Due to the lack of a reference genome, clean reads were assembled using Trinity19. Unigenes then were obtained after removing abundant transcripts by TGICL20. After assembly, unigene functional annotation was carried out with seven functional databases (NR, NT, GO, KOG, KEGG, SwissProt and InterPro). We used TransDecoder software33 to identity the candidate coding regions among the unigenes. For each, the longest ORF (Open Reading Frame) was selected and blasted in the SwissProt and Hmmscan databases to search for the Pfam protein homology sequences for the prediction of CDS (Coding DNA sequences).

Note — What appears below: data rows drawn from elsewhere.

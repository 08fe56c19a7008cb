-- ===== src/Agent/Examples.antt =====
-- The theorems about the assistant at concrete inputs.
use opensource_project_intel.Base.{ℕ, suc, ◌≤◌, ◌≡◌, refl, none, some, [], ◌∷◌}
use opensource_project_intel.Base.Int.{pos, ◌+ℤ◌, ◌-ℤ◌, wrap64}
use opensource_project_intel.Base.Result.{ok}
use opensource_project_intel.Base.Text.{codes, is_blank, trim_space, byte_length}
use opensource_project_intel.Access.{
  Principal, analyst, active, member, authorize, Role-discrete, Status-discrete, ActorKind-discrete,
  Action-discrete,
}
use opensource_project_intel.Agent
use opensource_project_intel.Agent.{
  Error, repository_add, awaiting_confirmation, executing, executed, RepositoryAdd, Draft, Quota,
  Outcome, no_outcome, Proposal, Snapshot, Env,
}
use opensource_project_intel.Agent.Store.{
  MemoryRecord, MemoryStore, create, create_found, put, put_create, begin, begin_found, finish,
  new_memory_store,
}
use opensource_project_intel.Agent.Service.{
  State, proposal_of, propose, verdict, recheck, moved_on, confirm,
}
use opensource_project_intel.Agent.System.{
  System, entered, judged, proposes, begins, executes, completes, here, then_step, Reachable,
  from_start,
}
use opensource_project_intel.Agent.Moves.{count}
use opensource_project_intel.Agent.Ends.{status_of}
use opensource_project_intel.Agent.Once.{executed_once}
use opensource_project_intel.Agent.Refines.{Ticks, Refined, confirm_refines}

-- The world counts the calls of the clock and of the executor.
abbrev addition : RepositoryAdd
addition = record {
  project_id = pos 3;
  project_version = pos 4;
  url = codes "https://h/x";
  role = codes "core";
}

abbrev env : Env ℕ
env = record {
  plan = λ principal message w. (
    ok (record {
      action = repository_add;
      repository = addition;
      effect = codes "adds x";
      quota_name = codes "project_repositories";
      quota_cost = pos 1;
      quota_limit = pos 10;
      quota_used = pos 2;
      action_count = pos 1;
      unrecognized = [];
    }),
    w,
  );
  snapshot = λ principal input w. (
    ok (record {
      project_version = pos 4;
      lifecycle = codes "active";
      quota_used = pos 2;
      quota_limit = pos 10;
    }),
    w,
  );
  add_repository = λ principal input key w.
      (ok (record { repository_id = pos 70; audit_event_id = pos 71 }), suc w);
  next_id = λ w. (ok (pos 9), w);
  token = λ w. (ok (codes "t"), w);
  clock = λ w. (pos 100, suc w);
  sha256 = λ text. text;
  resource_of = λ id. codes "project:3";
}

abbrev ann : Principal
ann = record {
  actor_id = pos 5;
  kind = member;
  role = analyst;
  status = active;
  scopes = [];
  version = pos 1;
  workspace = pos 1;
}

abbrev proposed : Proposal
proposed = record {
  id = pos 9;
  workspace_id = pos 1;
  actor_id = pos 5;
  actor_version = pos 1;
  status = awaiting_confirmation;
  action = repository_add;
  inputs = addition;
  resources = codes "project:3" ∷ codes "https://h/x" ∷ [];
  effect = codes "adds x";
  quota = record { name = codes "project_repositories"; cost = pos 1; remaining = pos 7 };
  expires_at = pos 600_000_000_100;
  confirmation_token = [];
  token_digest = codes "t";
  created_at = pos 100;
  consumed_at = none;
  result = no_outcome;
}

ann-proposes :
    (propose env ann (codes " add x ") (codes "k") (new_memory_store, 0)).0
    ≡ ok (record proposed { confirmation_token = codes "t" })
unfolding propose create create_found put put_create new_memory_store authorize Agent.validate_draft
    Agent.ActionName-discrete proposal_of moved_on is_blank trim_space byte_length wrap64 ◌+ℤ◌ ◌-ℤ◌
    Role-discrete Status-discrete ActorKind-discrete Action-discrete
ann-proposes = refl

abbrev kept : MemoryRecord
kept = record {
  proposal = proposed;
  create_key = codes "k";
  create_digest = codes "add x";
  confirmation_key = [];
}

-- The store after the proposal.
abbrev awaiting : MemoryStore
awaiting = put (pos 9) kept (put_create (pos 1) (pos 5) (codes "k") (pos 9) new_memory_store)

abbrev done : Proposal
done = record proposed {
  status = executed;
  consumed_at = some (pos 100);
  result = record { repository_id = pos 70; audit_event_id = pos 71 };
}

abbrev after_confirm : State ℕ
after_confirm = (confirm env ann (pos 9) (codes "t") (codes "c") (awaiting, 0)).1

abbrev start : System ℕ
start = record { store = new_memory_store; world = 0; calls = []; executions = [] }

-- With the proposal in the store, this confirmation executes it.
abbrev ready : System ℕ
ready = record start { store = awaiting }

confirm_refines_example :
    Refined env (pos 9) ready (confirm env ann (pos 9) (codes "t") (codes "c") (awaiting, 0)).1
confirm_refines_example = confirm_refines env ann (pos 9) (codes "t") (codes "c") ready

-- The proposal is created and given to a confirmation, which executes it and completes it.
abbrev given_to_ann : System ℕ
given_to_ann =
    entered ann (codes "c") (begin (pos 9) ann (codes "t") (codes "c") (pos 100) awaiting)
      (record start { store = awaiting })

abbrev handed : Proposal
handed = record proposed { status = executing; consumed_at = some (pos 100) }

abbrev carried_out : System ℕ
carried_out = judged env [] [] ann (codes "c") handed (verdict env ann handed 0) given_to_ann

abbrev outcome : Outcome
outcome = record { repository_id = pos 70; audit_event_id = pos 71 }

abbrev completed_state : System ℕ
completed_state = record carried_out {
  store = (finish (pos 9) executed outcome (pos 101) carried_out.store).1;
  calls = [];
}

completed-Reachable : Reachable env (Ticks env) completed_state
unfolding create create_found begin begin_found put put_create new_memory_store verdict recheck
    moved_on Agent.over_quota wrap64 ◌+ℤ◌ Agent.Status-discrete
completed-Reachable = from_start 0 (
    then_step
      (then_step
        (then_step (then_step here (proposes proposed (codes "k") (codes "add x") refl refl))
          (begins (pos 9) ann (codes "t") (codes "c") (pos 100)))
        (executes [] [] ann (codes "c") handed refl))
      (completes [] [] handed executed outcome (pos 101) refl))

executed_once_example :
    (count (pos 9) completed_state.executions ≤ 1)
    × (status_of (completed_state.store.values (pos 9)) ≡ some awaiting_confirmation
        → count (pos 9) completed_state.executions ≡ 0)
    × (status_of (completed_state.store.values (pos 9)) ≡ some executed
        → count (pos 9) completed_state.executions ≡ 1)
executed_once_example = executed_once env (pos 9) completed-Reachable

Identification of specifically expressed genes

Based on the assembly results, we mapped all the clean reads of each sample to the unigenes with Bowtie2 software and calculated the gene expression levels according to reported methods34. Base on the gene expression levels, the DEGs were identified between samples. The genes specifically expressed in endosperm were identified by a rigorous algorithm. The false discovery rate (FDR) was set at 5% to determine the P-value threshold in multiple tests and analyses by manipulating the FDR value. P < 0.001 and the absolute value of log2Ratio > 1 were used as the thresholds to judge the significance of gene expression differences. The enzymes identified in our paper were come from the DEGs clustered between embryo and endosperm (Table S1, Fig. S2). Then 31 DEGs which co-expressed between embryo and endosperm and related to galactose or mannose metabolism were screened based on the expression changes and annotations.

GO and KEGG analysis

The unigenes that aligned to the NR database were annotated using the GO database with Blast2GO21. The unigenes were annotated using the KEGG database for calculating the unigene distribution of KEGG level 1 and KEGG level 2.

Protein-protein interaction networks of DEGs

STRING software was used to analyse the protein-protein interactions of DEGs23. The top DEGs interactions were used to construct interaction networks.